Aim of the task: Starting with the line that contains "s.poll).0 ≡ false", copy every remaining line of the data below exactly, the last one included.

Entries provided:
○ ○ ○

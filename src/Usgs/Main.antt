-- ===== src/Usgs/Main.antt =====
-- The loop of services/ingestion-usgs/src/ingestion_usgs/main.py.
pub mod Lifetime
use sentinel_chain.Base.{ℕ, String, ◌≡◌, Bool, true, false, ◌&&◌, Option, none, [], if◌then◌else◌}
use sentinel_chain.Base.Result.{Result, ok, err}
use sentinel_chain.Base.Runtime.{Runtime}
use sentinel_chain.Base.Exec.{lift, ◌>>=◌, ◌>>◌}
use sentinel_chain.Usgs.System.{
  Raised, external, System, Metrics, PollState, Poll, from_outside, on_env, on_store,
}
use sentinel_chain.Usgs.Producer.{flush_and_confirm}
use sentinel_chain.Usgs.Poller.{PollStats, poll_once}

-- The process: the state of its poller, the flag that the readiness probe reads, and the gauge
-- `ingestion_usgs_up`.
pub record Service {R : Runtime} {X : Type 0} (sys : System R X) : Type 0 where
  pub poll : PollState sys
  pub is_ready : Bool
  pub up : Bool

module _ {R : Runtime} {X : Type 0} (sys : System R X) where
  abbrev no_metrics : Metrics R
  no_metrics = record {
    poll_total = 0;
    poll_failure_total = 0;
    records_fetched_total = 0;
    records_produced_total = 0;
    records_duplicate_total = 0;
    records_invalid_total = 0;
    cursor_lag = none;
  }

  -- before the loop
  abbrev pub started : sys.Env → sys.store.State → Service sys
  started env store = record {
    poll = record { env = env; client = none; delivered = []; store = store; metrics = no_metrics };
    is_ready = false;
    up = true;
  }

  -- Whether the loop goes on: the poll returned, or raised an `Exception`.
  abbrev pub is_caught : Result (Raised R X) PollStats → Bool
  is_caught (err (external x)) = sys.is_exception x
  is_caught _ = true

  -- The flag after the poll: an exception that is not caught leaves it as it was.
  abbrev pub ready_after : Result (Raised R X) PollStats → Bool → Bool
  ready_after (ok stats) before = true
  ready_after (err e) before = if is_caught (err e) then false else before

  -- the inner `try` statement: an `Exception` of the poll is logged and dropped
  unfoldable pub poll_round : Service sys → Service sys
  poll_round service =
      let (r, poll) = poll_once sys service.poll in
      record service { poll = poll; is_ready = ready_after r service.is_ready }

  -- the wait between two polls, which leaves another environment
  abbrev pub wait : (sys.Env → sys.Env) → Service sys → Service sys
  wait pass service = record service { poll = record service.poll { env = pass service.poll.env } }

  -- The states at the head of the loop: any number of rounds may pass before the stop event is set.
  pub data Runs (start : Service sys) : Service sys → Type 0 where
    here : Runs start start
    round :
        {s : Service sys} (pass : sys.Env → sys.Env)
        → Runs start s
        → is_caught (poll_once sys s.poll).0 ≡ true
        → Runs start (wait pass (poll_round s))

  -- The states in which the loop is left: at its head, where the stop event is set or the last
  -- wait was cancelled, or by an exception of the poll that is not caught.
  pub data Leaves (start : Service sys) : Service sys → Type 0 where
    at_head : {s : Service sys} → Runs start s → Leaves start s
    escaped :
        {s : Service sys}
        → Runs start s
        → is_caught (poll_once sys s.poll).0 ≡ false
        → Leaves start (poll_round s)

  -- the `finally` block, but for its last statement
  unfoldable pub clean_up : Poll sys (Unit {0})
  clean_up = do
    flush_and_confirm sys
    closed ← on_env sys sys.close_client
    lift (from_outside closed)
    on_store sys sys.store.aclose

  abbrev pub still_up : Result (Raised R X) (Unit {0}) → Bool
  still_up (ok u) = false
  still_up (err e) = true

  -- the `finally` block: if it raises before its end, the gauge is not reset
  unfoldable pub stopped : Service sys → Service sys
  stopped service =
      let (r, poll) = clean_up service.poll in
      record service { poll = poll; up = service.up && still_up r }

○ ○ ○

Solved exercise:
        → is_caught (poll_once sys s.poll).0 ≡ false
        → Leaves start (poll_round s)

  -- the `finally` block, but for its last statement
  unfoldable pub clean_up : Poll sys (Unit {0})
  clean_up = do
    flush_and_confirm sys
    closed ← on_env sys sys.close_client
    lift (from_outside closed)
    on_store sys sys.store.aclose

  abbrev pub still_up : Result (Raised R X) (Unit {0}) → Bool
  still_up (ok u) = false
  still_up (err e) = true

  -- the `finally` block: if it raises before its end, the gauge is not reset
  unfoldable pub stopped : Service sys → Service sys
  stopped service =
      let (r, poll) = clean_up service.poll in
      record service { poll = poll; up = service.up && still_up r }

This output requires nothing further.